(Beginning of Given entries)

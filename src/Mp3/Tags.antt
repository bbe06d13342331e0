-- ===== src/Mp3/Tags.antt =====
-- parse_id3v24, parse_id3v23, parse_id3v20 and parse_id3v2.
-- A parser gives the calls that it makes with the frames, and offset_delta.
pub mod Frames
pub mod Parsers
pub mod Printed
use tracker_miners.Base.{
  ℕ, zero, suc, ◌+◌, ◌-◌, Bool, true, false, not, ◌&&◌, ◌||◌, Option, none, some, List, [], ◌∷◌,
  ◌++◌, nat_eq, ltb, if◌then◌else◌, length,
}
use tracker_miners.Mp3.{
  Outcome, ok, fault, assertion_failed, stuck, ◌>>=◌, bit, read, extract_uint32, extract_uint16,
  extract_uint32_7bit, extract_uint32_3byte,
}
use tracker_miners.Mp3.Unsync.{un_unsync}
use tracker_miners.Mp3.Tables.{
  Id3v24frame, id3v24_unknown, Id3v2frame, id3v2_unknown, id3v24_get_frame, id3v2_get_frame,
}

-- the calls of the functions that read a frame's content, `size` bytes at `data`
pub data Call : Type 0 where
  get_id3v24_tags get_id3v23_tags : Id3v24frame → List ℕ → Call
  get_id3v20_tags : Id3v2frame → List ℕ → Call

-- what a turn of a parser's loop comes to: a break, a next position without a call, or a call and a
-- next position
pub data Turn : Type 0 where
  break : Turn
  skip : ℕ → Turn
  hand : Call → ℕ → Turn

-- the `n` bytes at `p`
unfoldable pub read_bytes : ℕ → List ℕ → ℕ → Outcome (List ℕ)
read_bytes zero buffer p = ok []
read_bytes (suc n) buffer p = do
  b ← read buffer p
  rest ← read_bytes n buffer (p + 1)
  ok (b ∷ rest)

unfoldable pub frame_content : Bool → List ℕ → ℕ → ℕ → Outcome (List ℕ)
frame_content unsynced buffer pos csize =
    if unsynced then un_unsync buffer pos csize else read_bytes csize buffer pos

unfoldable pub hand_frame : (List ℕ → Call) → Bool → List ℕ → ℕ → ℕ → Outcome Turn
hand_frame tags unsynced buffer pos csize = do
  content ← frame_content unsynced buffer pos csize
  ok (hand (tags content) (pos + csize))

-- the part of a turn of parse_id3v24 and parse_id3v23 behind the frame's header, `pos` past it
unfoldable pub known_frame : (List ℕ → Call) → Bool → List ℕ → ℕ → ℕ → ℕ → ℕ → Outcome Turn
known_frame tags unsync buffer tsize pos csize flags =
    if ltb (tsize + 10) (pos + csize)
    then ok break
    else if nat_eq csize 0
    then ok (skip pos)
    else if bit 0x80 flags || bit 0x40 flags
    then ok (skip (pos + csize))
    else if bit 0x20 flags
    then hand_frame tags (bit 0x02 flags || unsync) buffer (pos + 1) (csize - 1)
    else hand_frame tags (bit 0x02 flags || unsync) buffer pos csize

abbrev pub sort_frame :
    (Id3v24frame → List ℕ → Call) → Bool → List ℕ → ℕ → ℕ → ℕ → ℕ → Id3v24frame → Outcome Turn
sort_frame tags unsync buffer tsize pos csize flags id3v24_unknown = ok (skip (pos + csize))
sort_frame tags unsync buffer tsize pos csize flags frame =
    known_frame (tags frame) unsync buffer tsize pos csize flags

-- The name of the frame at `pos` is that of an ID3v2 footer; only parse_id3v24 looks for it.
abbrev pub is_footer : Bool → List ℕ → ℕ → Outcome Bool
is_footer false buffer pos = ok false
is_footer true buffer pos = do name ← extract_uint32_3byte buffer pos; ok (nat_eq name 0x334449)

-- A turn of the loop of parse_id3v24 and parse_id3v23, which differ in the call, in the footer and in how
-- a frame's size is written.
unfoldable pub frame_turn :
    (Id3v24frame → List ℕ → Call)
    → Bool
    → (List ℕ → ℕ → Outcome ℕ)
    → Bool
    → List ℕ
    → ℕ
    → ℕ
    → Outcome Turn
frame_turn tags footers size_at unsync buffer tsize pos =
    if ltb (length buffer - 10) pos
    then fault assertion_failed
    else if ltb (tsize + 10) (pos + 10)
    then ok break
    else do
      first ← read buffer pos
      footer ← is_footer footers buffer pos
      if nat_eq first 0 || footer then ok break else do
        name ← extract_uint32 buffer pos
        frame ← id3v24_get_frame name
        csize ← size_at buffer (pos + 4)
        if ltb (length buffer - 10 - pos) csize then ok break else do
          flags ← extract_uint16 buffer (pos + 8)
          sort_frame tags unsync buffer tsize (pos + 10) csize flags frame

abbrev pub sort_frame_v20 : Bool → List ℕ → ℕ → ℕ → ℕ → Id3v2frame → Outcome Turn
sort_frame_v20 unsync buffer tsize pos csize id3v2_unknown = ok (skip (pos + csize))
sort_frame_v20 unsync buffer tsize pos csize frame =
    if ltb (tsize + 10) (pos + csize)
    then ok break
    else hand_frame (get_id3v20_tags frame) unsync buffer pos csize

-- a turn of the loop of parse_id3v20
unfoldable pub frame_turn_v20 : Bool → List ℕ → ℕ → ℕ → Outcome Turn
frame_turn_v20 unsync buffer tsize pos =
    if ltb (length buffer - 6) pos
    then fault assertion_failed
    else if ltb (tsize + 10) (pos + 6)
    then ok break
    else do
      first ← read buffer pos
      if nat_eq first 0 then ok break else do
        name ← extract_uint32_3byte buffer pos
        frame ← id3v2_get_frame name
        csize ← extract_uint32_3byte buffer (pos + 3)
        if ltb (length buffer - pos - 6) csize
            then ok break
            else sort_frame_v20 unsync buffer tsize (pos + 6) csize frame

-- The loop of a parser whose turns are `turn`, while `pos` is below `end`.
abbrev pub follow : (ℕ → Outcome (List Call)) → Turn → Outcome (List Call)
follow next break = ok []
follow next (skip pos) = next pos
follow next (hand call pos) = next pos >>= λ calls. ok (call ∷ calls)

unfoldable pub frame_loop : (ℕ → Outcome Turn) → ℕ → ℕ → ℕ → Outcome (List Call)
frame_loop turn zero end pos = if ltb pos end then fault stuck else ok []
frame_loop turn (suc fuel) end pos = elim (ltb pos end) [
  | false ↦ ok []
  | true ↦ turn pos >>= follow (frame_loop turn fuel end)
]

-- the test of a tag's first five bytes; `least` is the smallest size of the buffer that passes
unfoldable pub is_tag : ℕ → ℕ → List ℕ → Outcome Bool
is_tag least version buffer = if ltb (length buffer) least then ok false else do
  a ← read buffer 0
  b ← read buffer 1
  c ← read buffer 2
  d ← read buffer 3
  e ← read buffer 4
  ok (nat_eq a 0x49 && nat_eq b 0x44 && nat_eq c 0x33 && nat_eq d version && nat_eq e 0x00)

-- where the frames start, behind an extended header where the tag has one
abbrev pub first_frame : Bool → (List ℕ → ℕ → Outcome ℕ) → List ℕ → ℕ → Outcome (Option ℕ)
first_frame false size_at buffer tsize = ok (some 10)
first_frame true size_at buffer tsize = do
  ext_header_size ← size_at buffer 10
  ok (
      if ltb (length buffer - 10 - tsize) ext_header_size
      then none
      else some (10 + ext_header_size))

-- the parser behind its checks, where the frames start at the position given
abbrev pub parse_frames : (ℕ → Outcome Turn) → ℕ → ℕ → Option ℕ → Outcome (List Call × ℕ)
parse_frames turn tsize offset_delta none = ok ([], offset_delta)
parse_frames turn tsize offset_delta (some pos) = do
  calls ← frame_loop turn (tsize + 10) (tsize + 10) pos
  ok (calls, tsize + 10)

-- parse_id3v24 and parse_id3v23
unfoldable pub parse_tag :
    ℕ
    → (Id3v24frame → List ℕ → Call)
    → Bool
    → (List ℕ → ℕ → Outcome ℕ)
    → List ℕ
    → ℕ
    → Outcome (List Call × ℕ)
parse_tag version tags footers size_at buffer offset_delta = do
  tag ← is_tag 16 version buffer
  if not tag then ok ([], offset_delta) else do
    flags ← read buffer 5
    if bit 0x20 flags then ok ([], offset_delta) else do
      tsize ← extract_uint32_7bit buffer 6
      if ltb (length buffer - 10) tsize then ok ([], offset_delta) else do
        start ← first_frame (bit 0x40 flags) size_at buffer tsize
        parse_frames (frame_turn tags footers size_at (bit 0x80 flags) buffer tsize) tsize
            offset_delta start

abbrev pub parse_id3v24 : List ℕ → ℕ → Outcome (List Call × ℕ)
parse_id3v24 buffer offset_delta =
    parse_tag 0x04 get_id3v24_tags true extract_uint32_7bit buffer offset_delta

abbrev pub parse_id3v23 : List ℕ → ℕ → Outcome (List Call × ℕ)
parse_id3v23 buffer offset_delta =
    parse_tag 0x03 get_id3v23_tags false extract_uint32 buffer offset_delta

unfoldable pub parse_id3v20 : List ℕ → ℕ → Outcome (List Call × ℕ)
parse_id3v20 buffer offset_delta = do
  tag ← is_tag 16 0x02 buffer
  if not tag then ok ([], offset_delta) else do
    flags ← read buffer 5
    tsize ← extract_uint32_7bit buffer 6
    if ltb (length buffer - 10) tsize
        then ok ([], offset_delta)
        else parse_frames (frame_turn_v20 (bit 0x80 flags) buffer tsize) tsize offset_delta
            (some 10)

abbrev pub drop : ℕ → List ℕ → List ℕ
drop zero xs = xs
drop (suc n) [] = []
drop (suc n) (x ∷ xs) = drop n xs

-- the three parsers at one offset
unfoldable pub parse_at : List ℕ → ℕ → Outcome (List Call × ℕ)
parse_at buffer offset = do
  v24 ← parse_id3v24 (drop offset buffer) 0
  v23 ← parse_id3v23 (drop offset buffer) v24.1
  v20 ← parse_id3v20 (drop offset buffer) v23.1
  ok (v24.0 ++ (v23.0 ++ v20.0), v20.1)

abbrev pub before : List Call → List Call × ℕ → List Call × ℕ
before calls (later, offset) = (calls ++ later, offset)

unfoldable pub parse_id3v2_loop : ℕ → List ℕ → ℕ → Outcome (List Call × ℕ)
parse_id3v2_loop zero buffer offset = fault stuck
parse_id3v2_loop (suc fuel) buffer offset = parse_at buffer offset >>= λ at. elim (nat_eq at.1 0) [
  | true ↦ ok (at.0, offset)
  | false ↦ parse_id3v2_loop fuel buffer (offset + at.1) >>= λ later. ok (before at.0 later)
]

-- It gives the offset that the code returns and keeps as `id3v2_size`.
unfoldable pub parse_id3v2 : List ℕ → Outcome (List Call × ℕ)
parse_id3v2 buffer = parse_id3v2_loop (suc (length buffer)) buffer 0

(End of Given entries)

Exercise directions: Which of the lines in the listing above include "least"? Report each of them.

Your response:
-- the test of a tag's first five bytes; `least` is the smallest size of the buffer that passes
is_tag least version buffer = if ltb (length buffer) least then ok false else do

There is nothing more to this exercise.